Dataset START
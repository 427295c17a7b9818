-- ===== src/DefUse.antt =====
-- Chains of uses and definitions of registers (src/middleend/ir_defuse.c). A use's slot, the address
-- of an operand in the source, is the id of the instruction and the place in it. The arrays indexed
-- by register are functions.
pub mod Complete
use mathlib.Core.Option
use mathlib.Core.List.{reverse}
use Prim.Native.Nat.{max}
use baa.Base.{
  ℕ, zero, suc, ◌+◌, Bool, false, ◌&&◌, ◌||◌, Option, none, some, List, [], ◌∷◌, ◌++◌,
  if◌then◌else◌, ltb, ◌==◌,
}
use baa.Ir.Inst.{
  IrOp, IrValueData, IrValue, IrInst, IrBlock, IrParam, IrFunc, block_insts, inst_values,
  phi_values,
}

pub data Place : Type 0 where
  operand : ℕ → Place
  callee : Place
  call_arg : ℕ → Place
  phi_value : ℕ → Place

pub record Slot : Type 0 where
  pub inst : Option ℕ
  pub place : Place

abbrev pub reads : ℕ → IrValueData → Bool
reads r (IrValueData.reg n) = n == r
reads r _ = false

-- The slots of a list of values that read a register, the first value at place `mk k`.
unfoldable pub list_uses : ℕ → Option ℕ → (ℕ → Place) → ℕ → List IrValue → List Slot
list_uses r id mk k [] = []
list_uses r id mk k (v ∷ vs) =
    if reads r v.payload
    then record { inst = id; place = mk k } ∷ list_uses r id mk (suc k) vs
    else list_uses r id mk (suc k) vs

unfoldable pub callee_uses : ℕ → Option ℕ → Option IrValue → List Slot
callee_uses r id none = []
callee_uses r id (some v) =
    if reads r v.payload then record { inst = id; place = Place.callee } ∷ [] else []

unfoldable pub op_uses : ℕ → IrOp → IrInst → List Slot
unfolding list_uses callee_uses
op_uses r IrOp.call i =
    callee_uses r i.id i.call_callee ++ list_uses r i.id Place.call_arg 0 i.call_args
op_uses r IrOp.phi i = list_uses r i.id Place.phi_value 0 (phi_values i.phi_entries)
op_uses r _ i = []

unfoldable pub inst_uses : ℕ → IrInst → List Slot
unfolding list_uses op_uses
inst_uses r i = list_uses r i.id Place.operand 0 i.operands ++ op_uses r i.op i

unfoldable pub insts_uses : ℕ → List IrInst → List Slot
unfolding inst_uses
insts_uses r [] = []
insts_uses r (i ∷ is) = inst_uses r i ++ insts_uses r is

-- The largest register number seen, plus one.
abbrev pub value_bound : IrValueData → ℕ
value_bound (IrValueData.reg n) = n + 1
value_bound _ = 0

abbrev pub values_bound : List IrValue → ℕ
values_bound [] = 0
values_bound (v ∷ vs) = max (value_bound v.payload) (values_bound vs)

abbrev pub dest_bound : Option ℕ → ℕ
dest_bound none = 0
dest_bound (some d) = d + 1

abbrev pub insts_bound : List IrInst → ℕ
insts_bound [] = 0
insts_bound (i ∷ is) = max (max (dest_bound i.dest) (values_bound (inst_values i))) (insts_bound is)

abbrev pub params_bound : List IrParam → ℕ
params_bound [] = 0
params_bound (p ∷ ps) = max (p.reg + 1) (params_bound ps)

unfoldable pub ir_scan_max_reg : IrFunc → ℕ
ir_scan_max_reg f =
    max (max f.next_reg (params_bound f.params)) (insts_bound (block_insts f.blocks))

abbrev pub defines : ℕ → Option ℕ → Bool
defines r none = false
defines r (some d) = d == r

-- The last instruction that defines a register.
unfoldable pub last_def : ℕ → List IrInst → Option IrInst
last_def r [] = none
last_def r (i ∷ is) = elim (last_def r is) [
  | some j ↦ some j
  | none ↦ if defines r i.dest then some i else none
]

abbrev pub is_param : ℕ → List IrParam → Bool
is_param r [] = false
is_param r (p ∷ ps) = p.reg == r || is_param r ps

abbrev pub defined_in : Option ℕ → List IrInst → Bool
defined_in none is = false
defined_in (some d) [] = false
defined_in (some d) (i ∷ is) = defines d i.dest || defined_in (some d) is

-- Do two instructions define one register?
unfoldable pub defined_twice : List IrInst → Bool
defined_twice [] = false
defined_twice (i ∷ is) = defined_in i.dest is || defined_twice is

pub record IrDefUse : Type 0 where
  pub built_epoch : ℕ
  pub max_reg : ℕ
  pub def_inst_by_reg : ℕ → Option IrInst
  pub def_is_param : ℕ → Bool
  pub uses_by_reg : ℕ → List Slot
  pub has_duplicate_defs : Bool

-- A use is put in front of its register's chain, so a chain runs from the last use to the first.
unfoldable pub ir_defuse_build : IrFunc → IrDefUse
unfolding insts_uses ir_scan_max_reg last_def defined_twice
ir_defuse_build f =
    let insts = block_insts f.blocks in
    let max_reg = ir_scan_max_reg f in
    record {
      built_epoch = f.ir_epoch;
      max_reg = max_reg;
      def_inst_by_reg = λ r. if ltb r max_reg then last_def r insts else none;
      def_is_param = λ r. ltb r max_reg && is_param r f.params;
      uses_by_reg = λ r. if ltb r max_reg then reverse (insts_uses r insts) else [];
      has_duplicate_defs = defined_twice insts;
    }

abbrev pub edit_at {ℓ} : {A : Type ℓ} → ℕ → (A → A) → List A → List A
edit_at n g [] = []
edit_at zero g (x ∷ xs) = g x ∷ xs
edit_at (suc n) g (x ∷ xs) = x ∷ edit_at n g xs

-- A write through a slot.
unfoldable pub edit_place : Place → (IrValue → IrValue) → IrInst → IrInst
edit_place (Place.operand k) g i = record i { operands = edit_at k g i.operands }
edit_place Place.callee g i = record i { call_callee = Option.map g i.call_callee }
edit_place (Place.call_arg k) g i = record i { call_args = edit_at k g i.call_args }
edit_place (Place.phi_value k) g i = record i {
  phi_entries = edit_at k (λ e. record e { value = g e.value }) i.phi_entries;
}

abbrev pub same_id : Option ℕ → Option ℕ → Bool
same_id (some m) (some n) = m == n
same_id _ _ = false

unfoldable pub edit_insts : Slot → (IrValue → IrValue) → List IrInst → List IrInst
unfolding edit_place
edit_insts s g [] = []
edit_insts s g (i ∷ is) =
    (if same_id i.id s.inst then edit_place s.place g i else i) ∷ edit_insts s g is

unfoldable pub edit_slot : Slot → (IrValue → IrValue) → List IrBlock → List IrBlock
unfolding edit_insts
edit_slot s g [] = []
edit_slot s g (b ∷ bs) = record b { insts = edit_insts s g b.insts } ∷ edit_slot s g bs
Dataset END
Exercise directions ::
This exercise requires the lines of the entries containing the string "payload".

Your response ::
    if reads r v.payload
    if reads r v.payload then record { inst = id; place = Place.callee } ∷ [] else []
values_bound (v ∷ vs) = max (value_bound v.payload) (values_bound vs)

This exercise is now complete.